Optional Conversion definition

Optional Conversion means the conversion of any Convertible Preferred Stock other than a Mandatory Conversion.
Optional Conversion has the meaning set forth in Section 6(a).
Optional Conversion means the conversion of units of the Designated Preferred into Common Interests at the then-applicable Conversion Rate, either (i) in whole or in part, at any time or from time to time, at the election of the Issuer, subject to the requirements and conditions set forth in Section 6(a)(i)(A), or (ii) in whole or in part, at the election of the Holder, upon any public offering of the Common Interests or upon the occurrence of a Change of Control of the Issuer, subject to the requirements and conditions set forth in Section 6(a)(i)(B).

Examples of Optional Conversion in a sentence

  • If no Optional Conversion Date is specified in a Notice of Conversion, the Optional Conversion Date shall be the date that such Notice of Conversion and Cancellation Request are deemed delivered to the Company in accordance with Section 9.

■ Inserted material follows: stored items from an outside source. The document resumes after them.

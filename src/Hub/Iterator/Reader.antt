-- ===== src/Hub/Iterator/Reader.antt =====
-- hub/scan_iterator_base.go: the thread that reads the stream, beside the calls of Postgres.
use steampipe_postgres_fdw.Prelude.{
  length, nat_eq, string_eq, ok, Result, ◌<◌, String, ◌≡◌, true, Option, List, [], ◌∷◌, ◌++◌,
}
use steampipe_postgres_fdw.Prelude.GoMap.{insert}
use steampipe_postgres_fdw.Hub.Iterator.Defs.{
  Iterator, QueryStatus, ready, started, error, complete, Received, response, nil_response,
  recv_error, Row, plugin_error, set_error, row_buffer_size, Value, Outcome, row_read, no_more_rows,
  failed, returns, next, close, ResultRow,
}

-- Where the thread stands: at the test of the status, at a select, at `i.rows <- row`, or behind
-- `close(i.rows)`.
pub data Reader : Type 0 where
  entering : Reader
  reading : Reader
  sending : Option Row → Reader
  finished : Reader

-- A started scan: the iterator, its thread, what the stream has still to return, and the rows
-- that Next has returned so far.
pub record Scan : Type 0 where
  pub iterator : Iterator
  pub reader : Reader
  pub stream : List Received
  pub delivered : List ResultRow

unfoldable pub stop_reading : Scan → Scan
stop_reading s = record s { reader = finished; iterator = record s.iterator { closed = true } }

-- readThread: skip if the iterator is not in a started state.
unfoldable pub enter_in : QueryStatus → Scan → Scan
unfolding stop_reading
enter_in started s = record s { reader = reading }
enter_in ready s = stop_reading s
enter_in error s = stop_reading s
enter_in complete s = stop_reading s

unfoldable pub enter_read_thread : Scan → Scan
unfolding enter_in
enter_read_thread s = enter_in s.iterator.status s

-- readPluginResult, when Recv has returned: the metadata of the connection is overwritten, then
-- the row is on its way to the channel.
unfoldable pub read_plugin_result : Received → Scan → Scan
unfolding stop_reading set_error
read_plugin_result (response r) s = record s {
  reader = sending r.row;
  iterator = record s.iterator {
    scan_metadata = insert r.connection r.hydrate_calls s.iterator.scan_metadata;
  };
}
read_plugin_result nil_response s = stop_reading s
read_plugin_result (recv_error e) s =
    stop_reading (record s { iterator = set_error (plugin_error e) s.iterator })

unfoldable pub send_row : Option Row → Scan → Scan
send_row row s = record s {
  reader = reading;
  iterator = record s.iterator { rows = s.iterator.rows ++ row ∷ [] };
}

-- The rows that Next has returned, after one more call.
unfoldable pub delivered_by : Outcome → List ResultRow → List ResultRow
delivered_by (row_read r) l = l ++ r ∷ []
delivered_by no_more_rows l = l
delivered_by (failed e) l = l

-- What the thread may do.
pub data ThreadStep : Scan → Scan → Type 0 where
  enters : (s : Scan) → s.reader ≡ entering → ThreadStep s (enter_read_thread s)
  receives :
      (s : Scan) (m : Received) (rest : List Received)
      → s.reader ≡ reading
      → s.stream ≡ m ∷ rest
      → ThreadStep s (read_plugin_result m (record s { stream = rest }))
  -- case <-ctx.Done()
  sees_cancel :
      (s : Scan) → s.reader ≡ reading → s.iterator.cancelled ≡ true → ThreadStep s (stop_reading s)
  sends :
      (s : Scan) (row : Option Row)
      → s.reader ≡ sending row
      → length s.iterator.rows < row_buffer_size
      → ThreadStep s (send_row row s)

module _ (unmarshal : String → Result String Value) (timestamp_string : String → String) where
  -- The thread and Postgres take turns in any order.
  pub data Step : Scan → Scan → Type 0 where
    thread : {s t : Scan} → ThreadStep s t → Step s t
    calls_next :
        (s : Scan) (o : Outcome) (after : Iterator)
        → next unmarshal timestamp_string s.iterator ≡ returns o after
        → Step s (record s { iterator = after; delivered = delivered_by o s.delivered })
    -- EndScan and Abort
    calls_close :
        (s : Scan) (after : Iterator)
        → close s.iterator ≡ ok after
        → Step s (record s { iterator = after })

  pub data Run (s : Scan) : Scan → Type 0 where
    here : Run s s
    more : {t u : Scan} → Run s t → Step t u → Run s u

  • Subject to the provisions of this Section 10, the Convertible Preferred Stock may be converted only pursuant to a Mandatory Conversion or an Optional Conversion.

  • To the extent that the Holder decides to exercise his or her Optional Conversion Right, then any unpaid interest on this Note shall be converted into Common Stock on the same terms as the principal of the Note.

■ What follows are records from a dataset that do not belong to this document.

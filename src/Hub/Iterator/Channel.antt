-- ===== src/Hub/Iterator/Channel.antt =====
-- hub/scan_iterator_base.go: the channel `rows` between the thread that reads the stream and `Next`.
use steampipe_postgres_fdw.Prelude.{
  if◌then◌else◌, length, length-append, ◌==◌, nat_eq, string_eq, Result, ◌≤◌, ◌<◌, String, ◌≡◌,
  refl, sym, ◌∙◌, subst, inl, inr, Bool, true, false, Option, some, List, [], ◌∷◌, arith,
}
use steampipe_postgres_fdw.Hub.Iterator.Defs.{
  Iterator, QueryStatus, ready, started, error, complete, Received, response, nil_response,
  recv_error, ScanError, plugin_error, Value, Outcome, returns, is_eof, set_error, row_buffer_size,
}
use steampipe_postgres_fdw.Hub.Iterator.Calls.{
  Frame, CallCase, took, ended, broke, next-CallCase, close-keeps,
}
use steampipe_postgres_fdw.Hub.Iterator.Reader.{
  entering, reading, sending, finished, Scan, Step, thread, enters, receives, sees_cancel, sends,
  calls_next, calls_close, delivered_by, enter_in, enter_read_thread, read_plugin_result, send_row,
  stop_reading,
}

-- The thread closes the channel when it ends and only then; the buffer is not overrun; an
-- iterator in the error state has an error; the cancellation function is set.
pub record Channel (s : Scan) : Type 0 where
  pub closed : s.iterator.closed ≡ true → s.reader ≡ finished
  pub finished_closed : s.reader ≡ finished → s.iterator.closed ≡ true
  pub bounded : length s.iterator.rows ≤ row_buffer_size
  pub failure : s.iterator.status ≡ error → (e : ScanError) × (s.iterator.err ≡ some e)
  pub cancel : s.iterator.cancel ≡ true

stop_reading-Channel : {s : Scan} → Channel s → Channel (stop_reading s)
unfolding stop_reading
stop_reading-Channel h = record {
  closed = λ c. refl;
  finished_closed = λ r. refl;
  bounded = h.bounded;
  failure = h.failure;
  cancel = h.cancel;
}

enter_in-Channel :
    {s : Scan} (q : QueryStatus) → s.reader ≡ entering → Channel s → Channel (enter_in q s)
unfolding enter_in
enter_in-Channel started e h = record {
  closed = λ c. absurd (cc (h.closed c, e));
  finished_closed = λ r. cc;
  bounded = h.bounded;
  failure = h.failure;
  cancel = h.cancel;
}
enter_in-Channel ready e h = stop_reading-Channel h
enter_in-Channel error e h = stop_reading-Channel h
enter_in-Channel complete e h = stop_reading-Channel h

-- An iterator that failed, or met the end of the stream.
recv_error-Channel :
    {s : Scan} (b : Bool) (err : ScanError) (rest : List Received)
    → Channel s
    → Channel (
        stop_reading (record s {
          stream = rest;
          iterator = if b then s.iterator else record s.iterator { status = error; err = some err };
        }))
unfolding stop_reading
recv_error-Channel true err rest h = record {
  closed = λ c. refl;
  finished_closed = λ r. refl;
  bounded = h.bounded;
  failure = h.failure;
  cancel = h.cancel;
}
recv_error-Channel false err rest h = record {
  closed = λ c. refl;
  finished_closed = λ r. refl;
  bounded = h.bounded;
  failure = λ q. (err, refl);
  cancel = h.cancel;
}

read_plugin_result-Channel :
    {s : Scan} (m : Received) (rest : List Received)
    → s.reader ≡ reading
    → Channel s
    → Channel (read_plugin_result m (record s { stream = rest }))
unfolding read_plugin_result set_error is_eof stop_reading
read_plugin_result-Channel (response r) rest e h = record {
  closed = λ c. absurd (cc (h.closed c, e));
  finished_closed = λ q. cc;
  bounded = h.bounded;
  failure = h.failure;
  cancel = h.cancel;
}
read_plugin_result-Channel nil_response rest e h = record {
  closed = λ c. refl;
  finished_closed = λ r. refl;
  bounded = h.bounded;
  failure = h.failure;
  cancel = h.cancel;
}
read_plugin_result-Channel (recv_error message) rest e h =
    recv_error-Channel (message == "EOF") (plugin_error message) rest h

send_row-Channel :
    {s : Scan} {row : Option _}
    → s.reader ≡ sending row
    → length s.iterator.rows < row_buffer_size
    → Channel s
    → Channel (send_row row s)
unfolding send_row
send_row-Channel {s} {row} e b h = record {
  closed = λ c. absurd (cc (h.closed c, e));
  finished_closed = λ r. cc;
  bounded = omega (arith, length-append s.iterator.rows (row ∷ []));
  failure = h.failure;
  cancel = h.cancel;
}

Frame-Channel :
    {s : Scan} (after : Iterator) (l : List _)
    → Frame s.iterator after
    → Channel s
    → Channel (record s { iterator = after; delivered = l })
Frame-Channel after l f h = record {
  closed = λ c. h.closed (sym f.closed ∙ c);
  finished_closed = λ r. f.closed ∙ h.finished_closed r;
  bounded = omega (arith, f.shorter, h.bounded);
  failure = λ q. elim (f.failure q) [
    | inl old ↦ ((h.failure old.0).0, old.1 ∙ (h.failure old.0).1)
    | inr new ↦ new
  ];
  cancel = f.cancel ∙ h.cancel;
}

module _ (unmarshal : String → Result String Value) (timestamp_string : String → String) where
  call-Channel :
      {s : Scan} (o : Outcome) (after : Iterator)
      → CallCase unmarshal timestamp_string s.iterator (returns o after)
      → Channel s
      → Channel (record s { iterator = after; delivered = delivered_by o s.delivered })
  call-Channel _ _ (took row rows res st e p) h =
      Frame-Channel _ _
        (record {
          closed = refl;
          cancel = refl;
          shorter = rw e (omega arith);
          failure = λ q. inl (q, refl);
        })
        h
  call-Channel _ _ (ended after st d n f) h = Frame-Channel after _ f h
  call-Channel _ _ (broke e after n f g) h = Frame-Channel after _ f h

  pub Step-Channel : {s t : Scan} → Step unmarshal timestamp_string s t → Channel s → Channel t
  unfolding enter_read_thread
  Step-Channel (thread (enters s e)) h = enter_in-Channel s.iterator.status e h
  Step-Channel (thread (receives s m rest e f)) h = read_plugin_result-Channel m rest e h
  Step-Channel (thread (sees_cancel s e c)) h = stop_reading-Channel h
  Step-Channel (thread (sends s row e b)) h = send_row-Channel e b h
  Step-Channel (calls_next s o after e) h =
      call-Channel o after
        (subst (CallCase unmarshal timestamp_string s.iterator) e
          (next-CallCase unmarshal timestamp_string s.iterator))
        h
  Step-Channel (calls_close s after e) h =
      let k = close-keeps s.iterator after e in
      Frame-Channel after s.delivered
        (record {
          closed = k.0.0;
          cancel = k.1.0;
          shorter = rw k.0.1 (omega arith);
          failure = λ q. inl (k.2 q, k.1.1);
        })
        h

  • The Optional Conversion Right may be exercised by the Holder, in whole but not in part, at any time, and from time to time prior to the Maturity Date, by the surrender and presentment of this Note accompanied by a duly executed Notice of Exercise in the form attached hereto (the "Exercise Notice"), presented to the Company, at its principal office or at such other place as the Company may designate by notice in writing to the Holder.

  • The Optional Conversion Right may be exercised by the Holder, in whole but not in part, at any time, and from time to time after the Determination Date and prior to the Maturity Date, by the surrender and presentment of this Note accompanied by a duly executed Notice of Exercise in the form attached hereto (the “Exercise Notice”), presented to the Company, at its principal office or at such other place as the Company may designate by notice in writing to the Holder.


More Definitions of Optional Conversion

Optional Conversion means a conversion of this Note to Common Stock at the option of the Holder in accordance with Section 3.1(a).
Optional Conversion means the conversion of any Convertible Preferred Stock other than pursuant to a Mandatory Conversion.
Optional Conversion has the meaning specified in Section 7.
Optional Conversion shall have the meaning specified in Section 13.01(b).
Optional Conversion means the conversion of shares of the Designated Preferred Stock into Common Stock at the then-applicable Conversion Rate, either (i) in whole or in part, at any time or from time to time, at the election of the Issuer, subject to the requirements and conditions set forth in Section 6(a)(i)(A), or (ii) in whole or in part, at the election of the Holder, upon any public offering of the Common Stock or upon the occurrence of a Change of Control of the Issuer, subject to the requirements and conditions set forth in Section 6(a)(i)(B).
Optional Conversion shall have the meaning set forth in Section 3(3).
Optional Conversion means an optional conversion of Senior Preferred pursuant to Article II, Section 4(a).